## [Supplied data]
::::
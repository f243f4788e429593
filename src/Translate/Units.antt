-- ===== src/Translate/Units.antt =====
-- The structural transforms `tz-into-datetime` and `weight-unit`.
use Prim.Native.Char.{code}
use ndc_mock.Prelude.{
  suc, ◌≡◌, refl, Bool, true, false, ◌&&◌, ◌||◌, not, Option, none, some, List, [], ◌∷◌, String,
  ◌<>◌, if◌then◌else◌, ◌==◌, ◌!=◌, nat_eq, string_eq,
}
use ndc_mock.Prelude.Text.{trim_space}
use ndc_mock.Prelude.Decimal.{is_digit}
use ndc_mock.Tree.{
  Attr, Node, name, attrs, text, kids, with_kids, with_attrs, with_text, leaf, add_kid, child,
}
use ndc_mock.Tree.Lists.{weight, depth}
use ndc_mock.Tree.Walk.{walk}
use ndc_mock.Translate.Mapping.{Map, lookup}
use ndc_mock.Translate.Penalties.{is_none}

-- `^(Z|[+-]\d{2}:\d{2})$`, on one text.
whole_offset : String → Bool
whole_offset (String.◌∷◌ z String.[]) = code z == b'Z'
whole_offset
      (String.◌∷◌ s
        (String.◌∷◌ a (String.◌∷◌ b (String.◌∷◌ c (String.◌∷◌ d (String.◌∷◌ e String.[])))))) =
    (code s == b'+' || code s == b'-')
    && is_digit (code a)
    && is_digit (code b)
    && code c == b':'
    && is_digit (code d)
    && is_digit (code e)
whole_offset _ = false

-- `reOffset.MatchString`: the pattern matches at the end.
unfoldable pub has_offset : String → Bool
unfolding whole_offset
has_offset String.[] = whole_offset String.[]
has_offset (String.◌∷◌ c s) = whole_offset (String.◌∷◌ c s) || has_offset s

fold_zone : String → String → String
unfolding has_offset trim_space
fold_zone t value =
    let v = trim_space t in
    if not (has_offset v) && has_offset ("T" <> value) then v <> value else t

-- The loop over the attributes: the first TimeZoneCode is folded into the text and removed.
unfoldable pub take_zone : List Attr → String → List Attr × String
unfolding fold_zone
take_zone [] t = ([], t)
take_zone (a ∷ al) t =
    let (al', t') = take_zone al t in
    if a.local != "TimeZoneCode" then (a ∷ al', t') else (al, fold_zone t a.value)

unfoldable pub zone_into_text : Node → Node
unfolding take_zone
zone_into_text n =
    if name n != "AircraftScheduledDateTime"
    then n
    else let (al, t) = take_zone (attrs n) (text n) in with_text t (with_attrs al n)

-- Folds the 19.2 TimeZoneCode attribute into the value.
unfoldable pub tz_into_date_time : Node → Option Node
unfolding walk zone_into_text weight
tz_into_date_time root = walk (suc (depth root)) zone_into_text root

abbrev codes : Map String
codes =
    ("KG", "KGM")
    ∷ ("KGS", "KGM")
    ∷ ("KGM", "KGM")
    ∷ ("KILO", "KGM")
    ∷ ("KILOS", "KGM")
    ∷ ("KILOGRAM", "KGM")
    ∷ ("KILOGRAMS", "KGM")
    ∷ ("LB", "LBR")
    ∷ ("LBS", "LBR")
    ∷ ("LBR", "LBR")
    ∷ ("POUND", "LBR")
    ∷ ("POUNDS", "LBR")
    ∷ []

or_empty : Option String → String
or_empty none = ""
or_empty (some s) = s

-- `upper` is `strings.ToUpper`.
module _ (upper : String → String) where
  -- The inner loop, over the attributes of one child; `unit` is the unit so far.
  unfoldable pub take_unit : String → List Attr → String × List Attr
  unfolding lookup or_empty
  take_unit unit [] = (unit, [])
  take_unit unit (a ∷ al) =
      let is_unit = a.local == "UnitCode" in
      let unit' = if is_unit && unit == "" then or_empty (lookup codes (upper a.value)) else unit in
      let (unit'', al') = take_unit unit' al in (unit'', (if is_unit then al' else a ∷ al'))

  unfoldable pub take_units : String → List Node → String × List Node
  unfolding take_unit
  take_units unit [] = (unit, [])
  take_units unit (k ∷ ks) =
      let (unit', al) = take_unit unit (attrs k) in
      let (unit'', ks') = take_units unit' ks in (unit'', with_attrs al k ∷ ks')

  unfoldable pub unit_of : Node → Node
  unfolding take_units child
  unit_of n =
      if name n != "WeightAllowance"
      then n
      else let (unit, ks) = take_units "" (kids n) in
        let n' = with_kids ks n in
        if unit != "" && is_none (child n' "WeightUnitOfMeasurement")
        then add_kid (leaf "WeightUnitOfMeasurement" unit) n'
        else n'

  -- Moves the unit off each weight measure into an element of its own.
  unfoldable pub weight_unit : Node → Option Node
  unfolding walk unit_of weight
  weight_unit root = walk (suc (weight "WeightAllowance" 1 root)) unit_of root

offset_test :
    (has_offset "2026-10-01T10:00:00Z" ≡ true)
    × (has_offset "10:00:00-03:00" ≡ true)
    × (has_offset "2026-10-01T10:00:00" ≡ false)
unfolding has_offset
offset_test = (refl, refl, refl)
::::
Among the lines above, find those with the string "refl" and copy them.

## [Result]
  suc, ◌≡◌, refl, Bool, true, false, ◌&&◌, ◌||◌, not, Option, none, some, List, [], ◌∷◌, String,
offset_test = (refl, refl, refl)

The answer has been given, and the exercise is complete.